What is the name of your state (only U.S. law)? California
I am not a lawyer, but helped a friend of mine with his SSI Disability claim. He challenged the ALJ's decision (a denial by ALJ #1) to the Appeals Council (AC). The AC sent a letter denying review, stating my friend had not submitted the additional evidence he said he would.
He had, however, sent a doctor's statement asking for an extension of time to submit medical evidence. He pointed this out to the AC.
The AC then sent a second letter, stating he had been granted an extension of time and that no action would presently be taken on his case. The medical evidence was submitted, and the AC sat on the case for over a year doing nothing. My friend filed a new SSI claim, using the original onset date, and was immediately approved--but beginning with the date of the second SSI claim.
He appealed the onset date by filing a Request for Reconsideration. After 17 months, the decision was that the back period covered by Claim #1 was already decided--res judicata--and it could not be reopened.
Appealing that decision to a hearing, after many more months the ALJ (ALJ #2) agreed with the Reconsideration decision, relying on the first letter of the AC, and disregarding the second one.

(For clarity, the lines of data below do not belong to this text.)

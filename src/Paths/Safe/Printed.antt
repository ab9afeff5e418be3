-- ===== src/Paths/Safe/Printed.antt =====
-- Printing a path and reading it back.
use agent_workspace_guard.Base.{
  ◌≡◌, refl, ap, ◌∙◌, false, ◌⊎◌, inl, inr, [], ◌∷◌, Text, nat_eq, list_eq, starts_with, filter,
  split, join, arith,
}
use agent_workspace_guard.Paths.{
  FilePath, slash, root_part, double_root, is_kept, parse, is_absolute, render,
}
use agent_workspace_guard.Paths.Names.{IsName, IsRelative, filter_all, split-join}

-- A tuple of parts that `Path` can hold: names, and perhaps a root in front of them.
abbrev pub IsPath : FilePath → Type 0
IsPath [] = Unit
IsPath (part ∷ parts) =
    ((part ≡ root_part) ⊎ ((part ≡ double_root) ⊎ IsName part)) × IsRelative parts

pub is_absolute_name :
    (part : Text) (parts : FilePath) → IsName part → is_absolute (part ∷ parts) ≡ false
unfolding is_absolute
is_absolute_name part parts h = ground arith

starts_with-join :
    (parts : FilePath) (t : Text)
    → IsRelative parts
    → starts_with (join root_part parts) (slash ∷ t) ≡ false
unfolding join starts_with
starts_with-join [] t h = refl
starts_with-join ([] ∷ parts) t (h, hs) = absurd (h.0 refl)
starts_with-join ((c ∷ part) ∷ []) t h = ground arith
starts_with-join ((c ∷ part) ∷ next ∷ parts) t h = ground arith

kept_names :
    (parts : FilePath)
    → IsRelative parts
    → filter is_kept (split slash (join root_part parts)) ≡ parts
unfolding join split filter
kept_names [] h = ground arith
kept_names (part ∷ parts) h =
    ap (filter is_kept) (split-join part parts h) ∙ filter_all (part ∷ parts) h

parse_relative :
    (part : Text) (parts : FilePath)
    → IsName part
    → IsRelative parts
    → parse (render (part ∷ parts)) ≡ part ∷ parts
unfolding parse render
parse_relative part parts h hs =
    rw
      (
        is_absolute_name part parts h,
        starts_with-join (part ∷ parts) (slash ∷ slash ∷ []) (h, hs),
        starts_with-join (part ∷ parts) (slash ∷ []) (h, hs),
        starts_with-join (part ∷ parts) [] (h, hs),
      )
      (kept_names (part ∷ parts) (h, hs))

parse_root :
    (parts : FilePath) → IsRelative parts → parse (render (root_part ∷ parts)) ≡ root_part ∷ parts
unfolding parse render split filter
parse_root parts hs = ground (
  arith,
  starts_with-join parts (slash ∷ []) hs,
  starts_with-join parts [] hs,
  kept_names parts hs,
)

parse-double_root :
    (parts : FilePath)
    → IsRelative parts
    → parse (render (double_root ∷ parts)) ≡ double_root ∷ parts
unfolding parse render split filter
parse-double_root parts hs = ground (arith, starts_with-join parts [] hs, kept_names parts hs)

-- Every tuple of parts that a path can hold is read back from the text that prints it.
pub parse-render : (path : FilePath) → IsPath path → parse (render path) ≡ path
unfolding parse render filter split
parse-render [] h = ground arith
parse-render (part ∷ parts) (inl e, hs) = rw e (parse_root parts hs)
parse-render (part ∷ parts) (inr (inl e), hs) = rw e (parse-double_root parts hs)
parse-render (part ∷ parts) (inr (inr h), hs) = parse_relative part parts h hs
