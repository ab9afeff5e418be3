-- ===== src/Paths/Safe/Joined.antt =====
-- What `validate_relative_path` and `safe_join` accept.
use agent_workspace_guard.Base.{
  ◌≡◌, ◌≢◌, refl, sym, ◌∙◌, subst, inr, Bool, not, true, false, [], ◌∷◌, ◌++◌, Text, contains,
  nat_eq, list_eq, starts_with, starts_with-append, All, append-nil, any, arith, codes, >>=-eq-ok,
  ok, if◌then◌else◌,
}
use agent_workspace_guard.Paths.{
  FilePath, slash, dot, dot_dot, root_part, double_root, parse, render, is_absolute, join_path,
  is_relative_to, has_drive, is_windows_absolute, is_bad_part, validate_relative_path, safe_join,
}
use agent_workspace_guard.Paths.Names.{IsRelative, split-IsRelative}
use agent_workspace_guard.Paths.Safe.Printed.{is_absolute_name, IsPath, parse-render}

-- A component that neither stays in place nor goes up.
abbrev pub IsSafeName : Text → Type 0
IsSafeName part = (part ≢ []) × (part ≢ dot) × (part ≢ dot_dot) × (contains part slash ≡ false)

-- A text that no host reads as absolute or drive-qualified.
pub record IsPlain (value : Text) : Type 0 where
  pub no_nul : contains value 0 ≡ false
  pub no_slash : starts_with value root_part ≡ false
  pub no_backslash : starts_with value (b'\\' ∷ []) ≡ false
  pub no_drive : has_drive value ≡ false

no_double_root :
    (value : Text)
    → starts_with value root_part ≡ false
    → (starts_with value double_root ≡ false) × (starts_with value (codes "///") ≡ false)
unfolding starts_with
no_double_root [] h = (refl, refl)
no_double_root (c ∷ value) h = ground arith

parse_plain : (value : Text) → starts_with value root_part ≡ false → IsRelative (parse value)
unfolding parse
parse_plain value h =
    let (double, triple) = no_double_root value h in rw (h, double, triple) (split-IsRelative value)

pub windows_absolute-drive :
    (value : Text) → has_drive value ≡ false → is_windows_absolute value ≡ false
unfolding has_drive is_windows_absolute
windows_absolute-drive [] h = refl
windows_absolute-drive (c ∷ []) h = refl
windows_absolute-drive (c ∷ d ∷ []) h = refl
windows_absolute-drive (c ∷ d ∷ e ∷ value) h = ground arith

safe_names :
    (parts : FilePath) → IsRelative parts → any is_bad_part parts ≡ false → All IsSafeName parts
unfolding is_bad_part
safe_names [] h k = tt
safe_names (part ∷ parts) (h, hs) k = ground (arith, safe_names parts hs)

no_bad_part : (parts : FilePath) → All IsSafeName parts → any is_bad_part parts ≡ false
unfolding is_bad_part
no_bad_part [] h = refl
no_bad_part (part ∷ parts) (h, hs) = ground (arith, no_bad_part parts hs)

safe-IsRelative : (parts : FilePath) → All IsSafeName parts → IsRelative parts
safe-IsRelative [] h = tt
safe-IsRelative (part ∷ parts) (h, hs) = ((h.0, h.1, h.3), safe-IsRelative parts hs)

safe-IsPath : (parts : FilePath) → All IsSafeName parts → IsPath parts
safe-IsPath [] h = tt
safe-IsPath (part ∷ parts) (h, hs) = (inr (inr (h.0, h.1, h.3)), safe-IsRelative parts hs)

is_absolute_relative : (parts : FilePath) → IsRelative parts → is_absolute parts ≡ false
unfolding is_absolute
is_absolute_relative [] h = refl
is_absolute_relative (part ∷ parts) (h, hs) = is_absolute_name part parts h

-- The checks of `validate_relative_path`, read off a success.
pub validate_relative_path_inv :
    (value : Text) (path : FilePath)
    → validate_relative_path value ≡ ok path
    → (path ≡ parse value) × IsPlain value × (any is_bad_part (parse value) ≡ false)
unfolding validate_relative_path
validate_relative_path_inv value path h = ground arith

pub validate_relative_path-All :
    (value : Text) (path : FilePath) → validate_relative_path value ≡ ok path → All IsSafeName path
validate_relative_path-All value path h =
    let (same, plain, good) = validate_relative_path_inv value path h in
    rw same (safe_names _ (parse_plain value plain.no_slash) good)

-- A plain text with a safe tuple of parts is accepted.
pub validate_relative_path_plain :
    (value : Text)
    → value ≢ []
    → IsPlain value
    → All IsSafeName (parse value)
    → validate_relative_path value ≡ ok (parse value)
unfolding validate_relative_path
validate_relative_path_plain value some_text plain safe = ground (
  arith,
  windows_absolute-drive value plain.no_drive,
  no_double_root value plain.no_slash,
  no_bad_part (parse value) safe,
  is_absolute_relative (parse value) (safe-IsRelative (parse value) safe),
)

join_relative : (root path : FilePath) → IsRelative path → join_path root path ≡ root ++ path
unfolding join_path
join_relative root path h = ground (arith, is_absolute_relative path h)

agrees : (b : Bool) → (if b then b else not b) ≡ true
agrees true = refl
agrees false = refl

below_nil : (path : FilePath) → IsRelative path → is_relative_to path [] ≡ true
unfolding is_relative_to
below_nil path h = rw (starts_with-append [] path, is_absolute_relative path h)

below_root : (root path : FilePath) → IsRelative path → is_relative_to (root ++ path) root ≡ true
unfolding is_relative_to is_absolute
below_root [] path h = below_nil path h
below_root (part ∷ root) path h =
    rw (starts_with-append (part ∷ root) path) (agrees (is_absolute (part ∷ root)))

append_self : (root path : FilePath) → root ++ path ≡ root → path ≡ []
append_self [] path h = h
append_self (part ∷ root) path h = append_self root path (cc)

-- The result of a join lies strictly below the root: the root's parts, and behind them at least one
-- name, none of them "." or "..".
pub safe_join_sound :
    (root : FilePath) (relative : Text) (path : FilePath)
    → safe_join root relative ≡ ok path
    → (rest : FilePath) × (path ≡ root ++ rest) × (rest ≢ []) × All IsSafeName rest
unfolding safe_join
safe_join_sound root relative path h =
    let (rest, valid, joined) = >>=-eq-ok (validate_relative_path relative) _ h in
    let safe = validate_relative_path-All relative rest valid in
    let same = join_relative root rest (safe-IsRelative rest safe) in
    (rest, ground (arith, same), ground (arith, same, append-nil root), safe)

-- A plain text with a safe, non-empty tuple of parts is joined to every root.
pub safe_join_complete :
    (root : FilePath) (relative : Text)
    → IsPlain relative
    → All IsSafeName (parse relative)
    → parse relative ≢ []
    → safe_join root relative ≡ ok (root ++ parse relative)
unfolding safe_join
safe_join_complete root relative plain safe some_part =
    let names = safe-IsRelative (parse relative) safe in
    rw
      (validate_relative_path_plain relative (λ e. some_part (rw e (unfold parse in refl))) plain
        safe)
      (ground (
        arith,
        join_relative root (parse relative) names,
        below_root root (parse relative) names,
        append_self root (parse relative),
      ))

-- A relative path as it is printed, of names that are neither "." nor "..", at least one of them, is joined
-- to every root, and its names stand behind the parts of the root; for a printed path that has no NUL, no
-- leading backslash and no drive.
pub safe_join-render :
    (root rest : FilePath)
    → IsPlain (render rest)
    → All IsSafeName rest
    → rest ≢ []
    → safe_join root (render rest) ≡ ok (root ++ rest)
safe_join-render root rest plain safe some_part =
    let same = parse-render rest (safe-IsPath rest safe) in
    subst (λ p. safe_join root (render rest) ≡ ok (root ++ p)) same
      (safe_join_complete root (render rest) plain (subst (All IsSafeName) (sym same) safe)
        (λ e. some_part (sym same ∙ e)))
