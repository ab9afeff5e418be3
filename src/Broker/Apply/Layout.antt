-- ===== src/Broker/Apply/Layout.antt =====
-- The operations that a commit prepares, with the places that the broker's roots give them.
use agent_workspace_guard.Base.{
  ◌≡◌, ◌≢◌, inl, inr, sym, subst, Bool-cases, false, List, [], ◌∷◌, ◌++◌, append_assoc, append-nil,
  map, All, Text, list_eq, nat_eq, starts_with,
}
use agent_workspace_guard.Paths.{FilePath, parse}
use agent_workspace_guard.Paths.Names.{IsRelative}
use agent_workspace_guard.Paths.Safe.Joined.{IsPlain, IsSafeName}
use agent_workspace_guard.FileSystem.Moves.{Separate, starts_with-Separate, Separate-prefix}
use agent_workspace_guard.FileSystem.Near.{Separate-sym}
use agent_workspace_guard.Broker.Apply.Places.{Places, Apart}
use agent_workspace_guard.Broker.Apply.Elsewhere.{starts_with_longer}
use agent_workspace_guard.Broker.Apply.Backwards.{Beside}

-- A path of a change: what `safe_join` accepts below any root.
pub record IsJoinable (path : Text) : Type 0 where
  pub plain : IsPlain path
  pub safe : All IsSafeName (parse path)
  pub some_part : parse path ≢ []

not_below_longer : (a b r s : FilePath) → Separate a b → starts_with (a ++ r) (b ++ s) ≡ false
not_below_longer a b r s h = elim (Bool-cases (starts_with (a ++ r) (b ++ s))) [
  | inl below ↦
      let e = starts_with_longer (a ++ r) b s below in let k = starts_with-Separate a b r h in cc
  | inr c ↦ c
]

Separate-append : (a b r s : FilePath) → Separate a b → Separate (a ++ r) (b ++ s)
Separate-append a b r s h = record {
  not_below = not_below_longer a b r s h;
  not_above = not_below_longer b a s r (Separate-sym a b h);
}

pub IsRelative-append : (a b : FilePath) → IsRelative a → All IsSafeName b → IsRelative (a ++ b)
IsRelative-append [] [] h k = tt
IsRelative-append [] (y ∷ b) h (k, ks) = ((k.0, k.1, k.3), IsRelative-append [] b h ks)
IsRelative-append (x ∷ a) b (h, hs) k = (h, IsRelative-append a b hs k)

-- The roots that a commit works with; `name` is the directory in the quarantine that takes payloads
-- that are moved aside.
module _ (workspace apply_root quarantine_root : FilePath) (name : Text) where
  pub record RootsApart : Type 0 where
    pub w_q : Separate workspace quarantine_root
    pub w_a : Separate workspace apply_root
    pub q_a : Separate quarantine_root apply_root

  abbrev pub aside_root : FilePath
  aside_root = quarantine_root ++ (name ∷ [])

  abbrev pub places_of : Text → Places
  places_of path = record {
    d = workspace ++ parse path;
    b = quarantine_root ++ parse path;
    s = apply_root ++ parse path;
    x = aside_root ++ parse path;
  }

  -- What is asked of the paths of the changes: they can be joined, none lies in another, and none lies
  -- in the directory that takes payloads aside.
  abbrev pub Fits : Text → Type 0
  Fits path = IsJoinable path × Separate (parse path) (name ∷ [])

  abbrev pub FitTogether : List Text → Type 0
  FitTogether [] = Unit
  FitTogether (path ∷ paths) =
      Fits path × All (λ other. Separate (parse path) (parse other)) paths × FitTogether paths

  module _ (roots : RootsApart) where
    from_x :
        (r s : FilePath)
        → Separate workspace quarantine_root
        → Separate (workspace ++ r) (aside_root ++ s)
    from_x r s h =
        subst (λ x. Separate (workspace ++ r) x) (sym (append_assoc quarantine_root (name ∷ []) s))
          (Separate-append workspace quarantine_root r ((name ∷ []) ++ s) h)

    b_from_x :
        (r s : FilePath)
        → Separate r (name ∷ [])
        → Separate (quarantine_root ++ r) (aside_root ++ s)
    b_from_x r s h =
        subst (λ x. Separate (quarantine_root ++ r) x)
          (sym (append_assoc quarantine_root (name ∷ []) s))
          (Separate-prefix quarantine_root r ((name ∷ []) ++ s) (
            subst (λ x. Separate x ((name ∷ []) ++ s)) (append-nil r)
              (Separate-append r (name ∷ []) [] s h)))

    pub apart_places : (path : Text) → Fits path → Apart (places_of path)
    apart_places path h = record {
      d_b = Separate-append workspace quarantine_root (parse path) (parse path) roots.w_q;
      d_s = Separate-append workspace apply_root (parse path) (parse path) roots.w_a;
      d_x = from_x (parse path) (parse path) roots.w_q;
      b_s = Separate-append quarantine_root apply_root (parse path) (parse path) roots.q_a;
      b_x = b_from_x (parse path) (parse path) h.1;
    }

    Beside-places :
        (path other : Text)
        → Fits path
        → Separate (parse path) (parse other)
        → Beside (places_of path) (places_of other)
    Beside-places path other h k =
        let r = parse path in
        let s = parse other in
        record {
          d_d = Separate-prefix workspace r s k;
          d_b = Separate-append workspace quarantine_root r s roots.w_q;
          d_s = Separate-append workspace apply_root r s roots.w_a;
          d_x = from_x r s roots.w_q;
          b_d =
              Separate-append quarantine_root workspace r s
                (Separate-sym workspace quarantine_root roots.w_q);
          b_b = Separate-prefix quarantine_root r s k;
          b_s = Separate-append quarantine_root apply_root r s roots.q_a;
          b_x = b_from_x r s h.1;
          s_d =
              Separate-append apply_root workspace r s
                (Separate-sym workspace apply_root roots.w_a);
        }

    pub All-Beside :
        (path : Text) (others : List Text)
        → Fits path
        → All (λ other. Separate (parse path) (parse other)) others
        → All (Beside (places_of path)) (map places_of others)
    All-Beside path [] h k = tt
    All-Beside path (other ∷ others) h (k, ks) =
        (Beside-places path other h k, All-Beside path others h ks)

It was only after many more months that the US District Court overturned ALJ #2 and sent the case back to the Appeals Council for appropriate action.
Instead of reviewing ALJ #1's decision, the AC sent it back down to the Hearings Office, where ALJ #3 decided to hold a brand new hearing on the entire period including SSI Claim #1 and Claim #2.
He decided my friend was not disabled for Claim #1, but could not undo the approval for Claim #2. My freind is continuing to get paid on Claim #2.
Now is my friend not entitled to have ALJ #1's claim reviewed? That decision was marred by many things, including improper use of the grids, failure to use a vocational expert, failure to consider lay evidence, rejecting treating physician's opinion without reason, etc.
For example, in Lester v. Chater (81 F.3d 82 (9th Cir. 1995) footnote 28 says:
 The remaining question is whether to remand for further administrative proceedings or simply for payment of benefits. Where the Commissioner fails to provide adequate reasons for rejecting the opinion of a treating or examining physician, we credit that opinion "as a matter of law." Hammock v. Bowen, 879 F.2d 498, 502 (9th Cir.1989); see also Pitzer, 908 F.2d at 506 (remanding for payment of benefits where Secretary did not provide adequate reasons for disregarding examining physician's opinion). Similarly, where the ALJ improperly rejects the claimant's testimony regarding his limitations, and the claimant would be disabled if his testimony were credited, "we will not remand solely to allow the ALJ to make specific findings regarding that testimony." Varney v. Secretary of Health and Human Services, 859 F.2d 1396, 1401 (9th Cir.1988) (Varney II ). Rather, that testimony is also credited as a matter of law. Id.
Although I cited and substantiated the defects of ALJ #1's decision, the US District Court considered only the res judicata questoion considered by ALJ #2.
Can you offer me advicce on how to proceed now? Thank you.